## Aim of the exercise
Where a line contains the word "false", copy that line from the records below.

## Information shown
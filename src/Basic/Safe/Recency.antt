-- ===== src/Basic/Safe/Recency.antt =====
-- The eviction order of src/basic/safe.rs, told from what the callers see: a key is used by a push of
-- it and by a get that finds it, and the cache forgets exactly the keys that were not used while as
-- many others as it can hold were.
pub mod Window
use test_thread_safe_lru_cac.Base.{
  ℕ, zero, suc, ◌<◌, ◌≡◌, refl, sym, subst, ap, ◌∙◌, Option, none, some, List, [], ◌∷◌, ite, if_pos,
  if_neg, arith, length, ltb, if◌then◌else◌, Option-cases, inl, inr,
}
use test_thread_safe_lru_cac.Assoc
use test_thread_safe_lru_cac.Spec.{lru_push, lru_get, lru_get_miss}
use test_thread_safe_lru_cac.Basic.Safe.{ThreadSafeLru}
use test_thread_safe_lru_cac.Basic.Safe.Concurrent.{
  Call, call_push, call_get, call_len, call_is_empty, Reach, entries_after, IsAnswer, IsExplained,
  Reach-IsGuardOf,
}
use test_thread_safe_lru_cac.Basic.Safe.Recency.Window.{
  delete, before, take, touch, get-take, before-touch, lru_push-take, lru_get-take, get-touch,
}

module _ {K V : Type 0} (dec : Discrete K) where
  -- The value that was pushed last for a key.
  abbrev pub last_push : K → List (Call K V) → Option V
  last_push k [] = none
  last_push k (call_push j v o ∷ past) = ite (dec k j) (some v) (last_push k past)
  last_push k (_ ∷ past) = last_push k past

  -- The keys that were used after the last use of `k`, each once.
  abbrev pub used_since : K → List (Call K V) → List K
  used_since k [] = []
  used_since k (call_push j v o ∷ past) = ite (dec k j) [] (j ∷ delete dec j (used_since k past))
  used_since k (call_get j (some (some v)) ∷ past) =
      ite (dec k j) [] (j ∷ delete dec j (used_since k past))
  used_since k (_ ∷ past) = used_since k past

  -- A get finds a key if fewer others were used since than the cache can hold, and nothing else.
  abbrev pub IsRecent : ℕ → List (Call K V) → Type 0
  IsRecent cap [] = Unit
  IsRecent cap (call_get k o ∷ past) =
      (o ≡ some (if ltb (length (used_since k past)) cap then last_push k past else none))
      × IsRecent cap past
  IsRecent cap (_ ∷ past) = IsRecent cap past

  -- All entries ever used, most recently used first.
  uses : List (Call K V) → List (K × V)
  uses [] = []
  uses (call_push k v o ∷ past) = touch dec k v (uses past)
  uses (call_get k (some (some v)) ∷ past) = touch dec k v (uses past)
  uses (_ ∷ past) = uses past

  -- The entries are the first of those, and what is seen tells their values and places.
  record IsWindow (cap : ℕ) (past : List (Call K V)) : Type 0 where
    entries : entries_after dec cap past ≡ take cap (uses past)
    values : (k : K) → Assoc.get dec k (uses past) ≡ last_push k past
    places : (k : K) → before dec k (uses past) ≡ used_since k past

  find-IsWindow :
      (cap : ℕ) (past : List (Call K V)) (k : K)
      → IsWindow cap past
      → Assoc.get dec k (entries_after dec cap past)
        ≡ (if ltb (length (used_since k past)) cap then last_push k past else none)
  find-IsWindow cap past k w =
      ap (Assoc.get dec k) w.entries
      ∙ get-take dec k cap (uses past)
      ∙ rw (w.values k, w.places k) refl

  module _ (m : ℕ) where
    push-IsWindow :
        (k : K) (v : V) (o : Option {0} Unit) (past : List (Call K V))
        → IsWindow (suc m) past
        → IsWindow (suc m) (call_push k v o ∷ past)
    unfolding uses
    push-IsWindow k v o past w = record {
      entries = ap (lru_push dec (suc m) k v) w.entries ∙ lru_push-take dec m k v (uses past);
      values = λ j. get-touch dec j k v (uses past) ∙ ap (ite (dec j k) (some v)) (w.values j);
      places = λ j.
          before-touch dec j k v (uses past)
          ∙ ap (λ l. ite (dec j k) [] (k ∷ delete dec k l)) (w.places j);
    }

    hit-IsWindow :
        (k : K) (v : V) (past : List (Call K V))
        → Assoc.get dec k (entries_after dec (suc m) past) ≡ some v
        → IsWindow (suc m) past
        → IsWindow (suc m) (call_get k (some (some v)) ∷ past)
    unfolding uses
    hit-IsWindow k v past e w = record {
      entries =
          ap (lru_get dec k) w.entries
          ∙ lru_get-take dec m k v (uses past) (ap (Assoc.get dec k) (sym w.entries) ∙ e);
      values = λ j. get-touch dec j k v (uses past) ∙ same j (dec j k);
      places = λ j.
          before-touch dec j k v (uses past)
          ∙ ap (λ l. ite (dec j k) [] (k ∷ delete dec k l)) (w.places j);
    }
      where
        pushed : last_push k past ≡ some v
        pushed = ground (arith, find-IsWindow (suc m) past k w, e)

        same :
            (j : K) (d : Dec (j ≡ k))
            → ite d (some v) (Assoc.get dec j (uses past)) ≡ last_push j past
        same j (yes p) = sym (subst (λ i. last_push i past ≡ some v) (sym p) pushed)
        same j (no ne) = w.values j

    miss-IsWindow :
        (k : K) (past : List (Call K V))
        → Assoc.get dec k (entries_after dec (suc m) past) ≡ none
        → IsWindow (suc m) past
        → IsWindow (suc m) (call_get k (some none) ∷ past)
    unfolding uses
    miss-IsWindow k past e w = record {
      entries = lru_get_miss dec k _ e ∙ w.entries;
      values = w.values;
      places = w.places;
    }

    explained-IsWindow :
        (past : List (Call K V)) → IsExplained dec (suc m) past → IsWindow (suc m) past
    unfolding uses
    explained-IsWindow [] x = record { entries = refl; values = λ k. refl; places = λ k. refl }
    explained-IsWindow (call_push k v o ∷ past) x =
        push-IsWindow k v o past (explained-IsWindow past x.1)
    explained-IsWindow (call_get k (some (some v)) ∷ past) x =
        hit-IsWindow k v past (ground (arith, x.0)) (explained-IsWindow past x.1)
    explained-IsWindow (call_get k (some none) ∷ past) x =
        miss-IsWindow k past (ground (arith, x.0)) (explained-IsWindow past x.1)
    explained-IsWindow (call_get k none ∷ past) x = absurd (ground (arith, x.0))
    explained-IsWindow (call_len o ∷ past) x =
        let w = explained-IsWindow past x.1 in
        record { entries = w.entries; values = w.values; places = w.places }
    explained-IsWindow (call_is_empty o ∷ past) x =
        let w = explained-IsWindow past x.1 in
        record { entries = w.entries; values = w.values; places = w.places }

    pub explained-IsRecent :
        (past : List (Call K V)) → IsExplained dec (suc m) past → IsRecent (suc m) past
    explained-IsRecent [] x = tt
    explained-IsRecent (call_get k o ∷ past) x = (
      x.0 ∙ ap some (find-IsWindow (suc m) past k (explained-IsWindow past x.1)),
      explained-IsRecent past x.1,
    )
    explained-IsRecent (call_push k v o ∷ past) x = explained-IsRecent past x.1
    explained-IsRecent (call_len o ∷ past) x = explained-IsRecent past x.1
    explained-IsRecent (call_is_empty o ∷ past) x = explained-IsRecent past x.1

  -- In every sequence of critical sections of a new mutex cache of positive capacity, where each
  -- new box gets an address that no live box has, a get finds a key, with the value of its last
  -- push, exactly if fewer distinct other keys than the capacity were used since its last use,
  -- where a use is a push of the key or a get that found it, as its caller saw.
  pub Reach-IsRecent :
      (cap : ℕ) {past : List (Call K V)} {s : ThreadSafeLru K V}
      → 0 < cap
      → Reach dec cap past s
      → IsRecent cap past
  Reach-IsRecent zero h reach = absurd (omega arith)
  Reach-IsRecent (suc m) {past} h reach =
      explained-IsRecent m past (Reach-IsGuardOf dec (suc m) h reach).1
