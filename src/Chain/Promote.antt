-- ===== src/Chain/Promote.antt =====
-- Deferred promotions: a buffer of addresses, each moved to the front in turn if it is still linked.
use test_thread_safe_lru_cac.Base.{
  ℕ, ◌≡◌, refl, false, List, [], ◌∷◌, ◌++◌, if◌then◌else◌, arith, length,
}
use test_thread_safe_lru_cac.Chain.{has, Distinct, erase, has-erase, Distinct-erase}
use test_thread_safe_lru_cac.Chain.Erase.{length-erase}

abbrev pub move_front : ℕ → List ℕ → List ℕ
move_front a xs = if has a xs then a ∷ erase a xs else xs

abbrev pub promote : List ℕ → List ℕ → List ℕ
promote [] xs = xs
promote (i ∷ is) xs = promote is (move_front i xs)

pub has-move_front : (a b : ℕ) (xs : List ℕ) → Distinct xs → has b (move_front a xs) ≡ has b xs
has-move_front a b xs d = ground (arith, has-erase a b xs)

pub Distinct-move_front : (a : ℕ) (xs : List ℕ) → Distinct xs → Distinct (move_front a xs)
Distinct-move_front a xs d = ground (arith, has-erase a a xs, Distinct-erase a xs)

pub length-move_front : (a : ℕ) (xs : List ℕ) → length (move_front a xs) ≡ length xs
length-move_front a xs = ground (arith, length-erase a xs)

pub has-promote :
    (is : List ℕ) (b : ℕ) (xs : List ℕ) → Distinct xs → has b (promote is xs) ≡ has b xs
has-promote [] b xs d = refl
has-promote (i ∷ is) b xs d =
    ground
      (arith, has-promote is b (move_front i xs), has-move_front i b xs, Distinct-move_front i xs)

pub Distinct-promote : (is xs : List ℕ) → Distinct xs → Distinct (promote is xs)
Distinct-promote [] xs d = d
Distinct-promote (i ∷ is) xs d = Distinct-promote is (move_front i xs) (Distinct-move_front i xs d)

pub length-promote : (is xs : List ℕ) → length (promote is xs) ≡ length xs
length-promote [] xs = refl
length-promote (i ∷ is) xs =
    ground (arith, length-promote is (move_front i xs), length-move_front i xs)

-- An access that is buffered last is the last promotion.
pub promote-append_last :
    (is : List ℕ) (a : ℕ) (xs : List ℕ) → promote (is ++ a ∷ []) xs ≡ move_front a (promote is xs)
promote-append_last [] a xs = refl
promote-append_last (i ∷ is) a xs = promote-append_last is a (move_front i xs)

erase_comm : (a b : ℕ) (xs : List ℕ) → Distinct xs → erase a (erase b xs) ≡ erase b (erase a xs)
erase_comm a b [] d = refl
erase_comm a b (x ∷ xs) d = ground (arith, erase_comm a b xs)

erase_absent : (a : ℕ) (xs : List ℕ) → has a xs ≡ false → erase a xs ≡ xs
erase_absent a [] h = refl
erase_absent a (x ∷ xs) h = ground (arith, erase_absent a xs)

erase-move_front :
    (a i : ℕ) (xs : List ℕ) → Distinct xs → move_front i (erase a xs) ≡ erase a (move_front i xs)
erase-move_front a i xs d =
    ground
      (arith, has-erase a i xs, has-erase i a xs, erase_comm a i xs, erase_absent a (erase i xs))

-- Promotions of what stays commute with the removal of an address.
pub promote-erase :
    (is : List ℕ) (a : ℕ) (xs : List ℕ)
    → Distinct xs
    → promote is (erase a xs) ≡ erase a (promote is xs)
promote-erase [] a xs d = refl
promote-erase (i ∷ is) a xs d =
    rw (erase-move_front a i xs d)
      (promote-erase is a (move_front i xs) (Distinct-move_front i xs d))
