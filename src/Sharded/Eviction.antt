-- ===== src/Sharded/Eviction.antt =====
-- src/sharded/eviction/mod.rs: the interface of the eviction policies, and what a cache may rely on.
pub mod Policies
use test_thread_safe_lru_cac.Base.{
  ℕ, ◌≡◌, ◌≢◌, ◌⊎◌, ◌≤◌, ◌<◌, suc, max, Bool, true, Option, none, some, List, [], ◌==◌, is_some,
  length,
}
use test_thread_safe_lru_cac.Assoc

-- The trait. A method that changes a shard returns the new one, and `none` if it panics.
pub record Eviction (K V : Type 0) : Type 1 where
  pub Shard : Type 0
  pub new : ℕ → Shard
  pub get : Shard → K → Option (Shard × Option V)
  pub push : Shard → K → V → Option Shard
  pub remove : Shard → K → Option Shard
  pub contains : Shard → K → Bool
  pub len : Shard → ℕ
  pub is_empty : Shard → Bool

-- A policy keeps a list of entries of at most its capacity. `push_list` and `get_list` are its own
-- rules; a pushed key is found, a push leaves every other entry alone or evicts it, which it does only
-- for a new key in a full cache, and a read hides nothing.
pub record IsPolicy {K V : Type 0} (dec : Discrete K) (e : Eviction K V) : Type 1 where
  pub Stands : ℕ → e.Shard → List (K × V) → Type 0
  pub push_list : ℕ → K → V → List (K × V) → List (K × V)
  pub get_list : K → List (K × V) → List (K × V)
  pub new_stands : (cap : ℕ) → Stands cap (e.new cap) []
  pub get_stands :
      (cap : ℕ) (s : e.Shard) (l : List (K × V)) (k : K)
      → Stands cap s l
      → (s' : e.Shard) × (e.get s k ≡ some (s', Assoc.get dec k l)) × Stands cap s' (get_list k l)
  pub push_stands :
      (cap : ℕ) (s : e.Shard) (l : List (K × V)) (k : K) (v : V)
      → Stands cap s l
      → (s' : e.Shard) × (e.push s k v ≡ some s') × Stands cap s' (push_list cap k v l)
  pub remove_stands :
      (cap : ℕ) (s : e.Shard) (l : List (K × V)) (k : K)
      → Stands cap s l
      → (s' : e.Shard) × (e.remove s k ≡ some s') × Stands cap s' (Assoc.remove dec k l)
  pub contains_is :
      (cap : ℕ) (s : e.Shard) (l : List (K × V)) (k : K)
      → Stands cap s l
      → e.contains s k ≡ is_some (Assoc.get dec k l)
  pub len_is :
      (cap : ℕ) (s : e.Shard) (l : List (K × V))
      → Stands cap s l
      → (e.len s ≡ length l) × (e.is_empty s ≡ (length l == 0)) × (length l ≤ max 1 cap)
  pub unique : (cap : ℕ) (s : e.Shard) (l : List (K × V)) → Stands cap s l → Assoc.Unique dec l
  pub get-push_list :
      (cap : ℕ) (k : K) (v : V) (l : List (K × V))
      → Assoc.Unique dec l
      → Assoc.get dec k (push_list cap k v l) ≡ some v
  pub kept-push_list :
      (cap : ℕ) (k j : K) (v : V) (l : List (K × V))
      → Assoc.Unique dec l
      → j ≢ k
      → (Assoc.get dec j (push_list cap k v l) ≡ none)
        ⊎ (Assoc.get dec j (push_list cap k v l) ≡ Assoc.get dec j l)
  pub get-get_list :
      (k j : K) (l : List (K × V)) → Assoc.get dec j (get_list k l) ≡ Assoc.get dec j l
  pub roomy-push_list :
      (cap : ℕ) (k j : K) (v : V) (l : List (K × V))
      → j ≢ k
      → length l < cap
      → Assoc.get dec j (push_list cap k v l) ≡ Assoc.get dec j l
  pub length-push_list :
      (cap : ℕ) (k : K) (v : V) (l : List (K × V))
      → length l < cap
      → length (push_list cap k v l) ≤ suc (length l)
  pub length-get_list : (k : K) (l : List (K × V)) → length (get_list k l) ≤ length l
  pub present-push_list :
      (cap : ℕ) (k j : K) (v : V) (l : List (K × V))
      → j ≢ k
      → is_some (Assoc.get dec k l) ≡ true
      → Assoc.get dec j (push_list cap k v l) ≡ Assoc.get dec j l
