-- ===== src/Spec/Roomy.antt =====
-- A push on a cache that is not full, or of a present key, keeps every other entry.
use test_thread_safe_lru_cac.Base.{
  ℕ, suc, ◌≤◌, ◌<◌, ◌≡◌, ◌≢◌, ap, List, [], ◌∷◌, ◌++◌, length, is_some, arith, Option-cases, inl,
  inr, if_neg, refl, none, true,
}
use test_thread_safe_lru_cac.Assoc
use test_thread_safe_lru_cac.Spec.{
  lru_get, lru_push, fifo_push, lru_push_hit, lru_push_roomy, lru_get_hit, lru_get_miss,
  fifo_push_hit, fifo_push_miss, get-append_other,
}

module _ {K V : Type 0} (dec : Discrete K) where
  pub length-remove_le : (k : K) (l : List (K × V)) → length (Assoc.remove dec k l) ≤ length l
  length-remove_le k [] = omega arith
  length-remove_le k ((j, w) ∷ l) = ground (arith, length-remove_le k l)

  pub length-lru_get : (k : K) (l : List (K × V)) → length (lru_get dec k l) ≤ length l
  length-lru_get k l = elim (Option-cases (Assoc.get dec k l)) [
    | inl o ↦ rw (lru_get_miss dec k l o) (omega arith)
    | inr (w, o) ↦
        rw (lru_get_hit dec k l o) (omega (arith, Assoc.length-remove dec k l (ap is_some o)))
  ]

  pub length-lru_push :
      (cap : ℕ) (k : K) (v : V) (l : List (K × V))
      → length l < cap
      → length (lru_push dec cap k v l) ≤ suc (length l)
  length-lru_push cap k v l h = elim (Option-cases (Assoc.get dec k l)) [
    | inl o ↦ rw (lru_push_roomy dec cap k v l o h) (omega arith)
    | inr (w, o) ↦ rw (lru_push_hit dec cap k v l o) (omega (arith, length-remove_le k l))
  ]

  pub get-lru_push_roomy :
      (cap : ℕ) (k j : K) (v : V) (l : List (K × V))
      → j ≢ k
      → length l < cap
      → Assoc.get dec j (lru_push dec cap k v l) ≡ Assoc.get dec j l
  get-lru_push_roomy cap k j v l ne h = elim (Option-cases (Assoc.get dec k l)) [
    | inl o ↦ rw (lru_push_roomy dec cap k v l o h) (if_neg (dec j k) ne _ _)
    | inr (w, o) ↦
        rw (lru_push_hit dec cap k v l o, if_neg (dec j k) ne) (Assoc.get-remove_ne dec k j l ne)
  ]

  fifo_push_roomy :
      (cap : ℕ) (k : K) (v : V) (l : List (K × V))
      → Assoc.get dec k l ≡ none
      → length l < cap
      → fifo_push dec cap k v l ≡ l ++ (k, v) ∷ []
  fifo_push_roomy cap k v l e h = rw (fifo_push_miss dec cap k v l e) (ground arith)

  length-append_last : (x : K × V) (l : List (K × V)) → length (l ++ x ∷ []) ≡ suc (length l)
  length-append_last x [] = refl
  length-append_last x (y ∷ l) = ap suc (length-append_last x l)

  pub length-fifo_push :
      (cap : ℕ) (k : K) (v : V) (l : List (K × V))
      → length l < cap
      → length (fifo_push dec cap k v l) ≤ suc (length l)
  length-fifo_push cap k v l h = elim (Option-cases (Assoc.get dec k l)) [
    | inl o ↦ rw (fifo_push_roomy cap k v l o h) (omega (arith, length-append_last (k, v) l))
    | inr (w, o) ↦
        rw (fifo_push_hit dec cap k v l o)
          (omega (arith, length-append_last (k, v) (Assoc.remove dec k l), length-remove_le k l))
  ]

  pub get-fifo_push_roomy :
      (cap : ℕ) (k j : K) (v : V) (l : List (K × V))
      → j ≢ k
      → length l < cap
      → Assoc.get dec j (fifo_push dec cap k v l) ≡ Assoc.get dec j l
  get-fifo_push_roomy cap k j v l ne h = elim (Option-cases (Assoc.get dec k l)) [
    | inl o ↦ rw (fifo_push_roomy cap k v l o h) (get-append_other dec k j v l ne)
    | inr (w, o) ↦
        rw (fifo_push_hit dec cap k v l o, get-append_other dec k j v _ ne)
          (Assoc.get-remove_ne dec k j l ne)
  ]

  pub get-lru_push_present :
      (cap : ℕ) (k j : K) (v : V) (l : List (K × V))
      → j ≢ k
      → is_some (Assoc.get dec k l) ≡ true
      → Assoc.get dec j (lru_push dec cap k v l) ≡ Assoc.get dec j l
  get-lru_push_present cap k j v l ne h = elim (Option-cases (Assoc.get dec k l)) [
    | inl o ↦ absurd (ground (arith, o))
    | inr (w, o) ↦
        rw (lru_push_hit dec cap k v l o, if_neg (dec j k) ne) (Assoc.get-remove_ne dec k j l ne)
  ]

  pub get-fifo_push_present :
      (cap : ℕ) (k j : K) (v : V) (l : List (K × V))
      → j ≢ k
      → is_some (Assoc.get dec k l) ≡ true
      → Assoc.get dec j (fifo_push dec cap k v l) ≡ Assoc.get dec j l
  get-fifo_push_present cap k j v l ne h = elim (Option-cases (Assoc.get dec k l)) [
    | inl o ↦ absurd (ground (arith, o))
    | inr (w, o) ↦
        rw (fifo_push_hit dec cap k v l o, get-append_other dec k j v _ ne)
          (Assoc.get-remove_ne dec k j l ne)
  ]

## Result below
  ℕ, ◌≡◌, refl, false, List, [], ◌∷◌, ◌++◌, if◌then◌else◌, arith, length,
erase_absent : (a : ℕ) (xs : List ℕ) → has a xs ≡ false → erase a xs ≡ xs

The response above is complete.